What did I write? Mostly I wrote toward four or five topics that I think will become two or three essays. In the first session of Chelsea’s essay class, I shared that I’m trying to figure out how to write an essay that’s about more than one thing. I love braided essays but how are they constructed — work toward a few different essays, find the connections, and then weave them all together? Or decide on your topics and set out to write about them together? Chelsea suggested that for the duration of our six-week class I resist the urge to start a new document when I have a new idea. Instead, she said, I could try writing in one long document, even if the ideas seem disparate. If I want to switch topics, just do a double line break and write about something else.

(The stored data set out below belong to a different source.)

-- ===== src/Bpm/Preserved.antt =====
-- The steps that `new_page`, `fetch_read` and `fetch_write` of src/bpm/manager.rs are made of, as
-- triples over the pool's invariant: a result of a step leaves what is said after it, an error a
-- consistent pool, and nothing is said after a panic.
use rust_db.Common.{
  ℕ, ◌+◌, ◌-◌, ◌^◌, ◌<◌, ltb, ◌≡◌, ◌≢◌, refl, sym, ap, ◌∙◌, subst, arith, if◌then◌else◌, Bool, true,
  false, List, [], ◌∷◌, Option, none, some, get_elem?, set, All,
}
use rust_db.Common.Actions.{Action, pure, crash, expect_some, ◌>>◌}
use rust_db.Common.Triples.{Post, Triple, then_do}
use rust_db.Types.{PageId, page_id_eq_self}
use rust_db.Page.{Page}
use rust_db.Bpm.Frames.{Frame}
use rust_db.Bpm.Pool.{BpmError}
use rust_db.Bpm.State.{
  BufferPool, table_get, table_insert, frame_at, set_frame, map_page, fill_frame, pin_frame,
}
use rust_db.Bpm.Consistent.{
  latch_of, get-set, IsUnmapped, IsConsistent, held-set_latch, AllMapped-held, AllMapped-fill,
  AllMapped-insert, IsUnmapped-insert,
}

-- A frame with the page of an id, a frame with a page that was not written yet, and a frame that is
-- pinned as well.
abbrev pub Latches : PageId → Frame → Type 0
Latches id x = (p : Page) × (x.latch ≡ some p) × (p.page_id ≡ id)

abbrev pub LatchesNew : Page → Frame → Type 0
LatchesNew p x = (x.latch ≡ some p) × (x.dirty ≡ true)

abbrev pub Pinned : (Frame → Type 0) → Frame → Type 0
Pinned Q x = Q x × (0 < x.pin_count)

module _ {D Ep : Type 0} where
  -- The frame is neither mapped nor free.
  pub record Claimed (f : ℕ) (s : BufferPool D Ep) : Type 0 where
    pub consistent : IsConsistent s
    pub unmapped : IsUnmapped s.page_table f
    pub taken : All (λ g. f ≢ g) s.free_frames

  -- A frame that is not in use yet, with a page and a dirty flag.
  abbrev pub Filled : Page → Bool → ℕ → BufferPool D Ep → Type 0
  Filled p dirty f s =
      Claimed f s
      × (x : Frame) × (get_elem? s.frames f ≡ some x)
      × (x.latch ≡ some p)
      × (x.dirty ≡ dirty)

  -- The page table gives the frame for the id, and the frame is as said.
  pub record Holding (Q : Frame → Type 0) (id : PageId) (f : ℕ) (s : BufferPool D Ep) : Type 0 where
    pub consistent : IsConsistent s
    pub mapped : table_get s.page_table id ≡ some f
    pub frame : Frame
    pub at : get_elem? s.frames f ≡ some frame
    pub holds : Q frame

  -- The frame at an index, with what held before.
  pub frame_at-Triple :
      (P : BufferPool D Ep → Type 0) (f : ℕ)
      → ((s : BufferPool D Ep) → P s → IsConsistent s)
      → Triple IsConsistent P (frame_at f) (λ frame s. P s × (get_elem? s.frames f ≡ some frame))
  frame_at-Triple P f c s h = go (get_elem? s.frames f) refl
    where
      go :
          (o : Option Frame)
          → get_elem? s.frames f ≡ o
          → Post {E = BpmError} IsConsistent
              (λ frame t. P t × (get_elem? t.frames f ≡ some frame))
              (expect_some o s)
      go none e = tt
      go (some frame) e = (h, e)

  -- An assertion.
  pub assert-Triple :
      (P : BufferPool D Ep → Type 0) (b : Bool)
      → Triple {E = BpmError} IsConsistent P (if b then pure tt else crash) (λ _. P)
  assert-Triple P true s h = h
  assert-Triple P false s h = tt

  -- A change of the frame that keeps its page.
  set_frame-Holding :
      (Q R : Frame → Type 0) (id : PageId) (f : ℕ) (old new : Frame)
      → new.latch ≡ old.latch
      → (Q old → R new)
      → Triple IsConsistent
          (λ s. Holding Q id f s × (get_elem? s.frames f ≡ some old))
          (set_frame f new)
          (λ _. Holding R id f)
  set_frame-Holding Q R id f old new same change s (h, there) =
      let keep = λ (j : ℕ). held-set_latch s.frames f j old new there same in
      record {
        consistent = record {
          mapped =
              AllMapped-held s.page_table s.frames (set s.frames f new) keep h.consistent.mapped;
          apart = h.consistent.apart;
          distinct = h.consistent.distinct;
        };
        mapped = h.mapped;
        frame = new;
        at = get-set s.frames f old new there;
        holds = change (subst Q (some_inj (sym h.at ∙ there)) h.holds);
      }
    where
      some_inj : {a b : Frame} → some a ≡ some b → a ≡ b
      some_inj q = cc

  -- The frame is then pinned, and as it was but for the counter and the reference flag.
  pub pin_frame-Triple :
      (Q : Frame → Type 0) (id : PageId) (f : ℕ)
      → ((x : Frame) → Q x → Q (record x { referenced = true; pin_count = x.pin_count + 1 }))
      → Triple IsConsistent (Holding Q id f) (pin_frame f) (λ _. Holding (Pinned Q) id f)
  unfolding pin_frame
  pin_frame-Triple Q id f steady =
      let at : Frame → BufferPool D Ep → Type 0 =
        λ frame s. Holding Q id f s × (get_elem? s.frames f ≡ some frame) in
      let pinned : Frame → Frame =
        λ frame. record frame { referenced = true; pin_count = frame.pin_count + 1 } in
      let room : Frame → Action (BufferPool D Ep) BpmError (Unit {0}) =
        λ frame. if ltb frame.pin_count (2 ^ 32 - 1) then pure tt else crash in
      then_do IsConsistent (Holding Q id f) at (λ _. Holding (Pinned Q) id f) (frame_at f)
        (λ frame. room frame >> set_frame f (pinned frame))
        (frame_at-Triple (Holding Q id f) f (λ s h. h.consistent))
        (λ frame.
          then_do IsConsistent (at frame) (λ _. at frame) (λ _. Holding (Pinned Q) id f)
            (room frame) (λ _. set_frame f (pinned frame))
            (assert-Triple (at frame) (ltb frame.pin_count (2 ^ 32 - 1)))
            (λ _.
              set_frame-Holding Q (Pinned Q) id f frame (pinned frame) refl
                (λ q. (steady frame q, omega arith))))

  -- A frame that is not in use takes a page.
  pub fill_frame-Triple :
      (f : ℕ) (p : Page) (dirty : Bool)
      → Triple IsConsistent (Claimed f) (fill_frame f p dirty) (λ _. Filled p dirty f)
  fill_frame-Triple f p dirty =
      then_do IsConsistent (Claimed f)
        (λ frame s. Claimed f s × (get_elem? s.frames f ≡ some frame)) (λ _. Filled p dirty f)
        (frame_at f) (λ frame. set_frame f (record frame { latch = some p; dirty = dirty }))
        (frame_at-Triple (Claimed f) f (λ s h. h.consistent))
        (λ frame s z.
          let h : Claimed f s = z.0 in
          let new : Frame = record frame { latch = some p; dirty = dirty } in
          let c : IsConsistent (record s { frames = set s.frames f new }) = record {
            mapped = AllMapped-fill s.page_table s.frames f new h.unmapped h.consistent.mapped;
            apart = h.consistent.apart;
            distinct = h.consistent.distinct;
          } in
          let claimed : Claimed f (record s { frames = set s.frames f new }) = record {
            consistent = c;
            unmapped = h.unmapped;
            taken = h.taken;
          } in
          (claimed, new, get-set s.frames f frame new z.1, refl, refl))

  -- The frame is put into the page table, and is in use.
  pub map_page-Triple :
      (Q : Frame → Type 0) (id : PageId) (f : ℕ) (p : Page) (dirty : Bool)
      → p.page_id ≡ id
      → ((x : Frame) → x.latch ≡ some p → x.dirty ≡ dirty → Q x)
      → Triple IsConsistent (Filled p dirty f) (map_page id f) (λ _. Holding Q id f)
  unfolding table_get
  map_page-Triple Q id f p dirty own known s (h, frame, at, latched, marked) = record {
    consistent = record {
      mapped =
          AllMapped-insert s.page_table s.frames id f p (ap latch_of at ∙ latched) own
            h.consistent.mapped;
      apart = both s.free_frames h.taken h.consistent.apart;
      distinct = h.consistent.distinct;
    };
    mapped = rw (page_id_eq_self id) refl;
    frame = frame;
    at = at;
    holds = known frame latched marked;
  }
    where
      both :
          (fs : List ℕ)
          → All (λ g. f ≢ g) fs
          → All (IsUnmapped s.page_table) fs
          → All (IsUnmapped (table_insert s.page_table id f)) fs
      both [] a b = tt
      both (g ∷ fs) a b = (IsUnmapped-insert s.page_table id f g a.0 b.0, both fs a.1 b.1)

I’ve been trying this approach and guess what? Turns out the things I am meditating on are more connected than I thought.
I came into the two weeks thinking I would write about birth and postpartum and how Leave came to be, but instead I ended up writing about giving things away on Craigslist and a toxic relationship I had when I was young and being born again as a teenager and my first apartment and all the gyms to which I have ever belonged (this, my friends, could be a book) and my dad. (Happy Father’s Day, Dad! I don’t know if you read this or even know I have a newsletter!)
Right now I’m overwriting, just exploring all these memories and ideas, and later I will revise. Just loving and trusting the process. Feeling grateful for this annual infusion of energy.
Congrats to everyone who participated! Let’s do it again soon. (I’m serious — Jami said there may be a mini 1000 in the fall.)
"On a run is a place you can talk about anything." A real beaut of a line.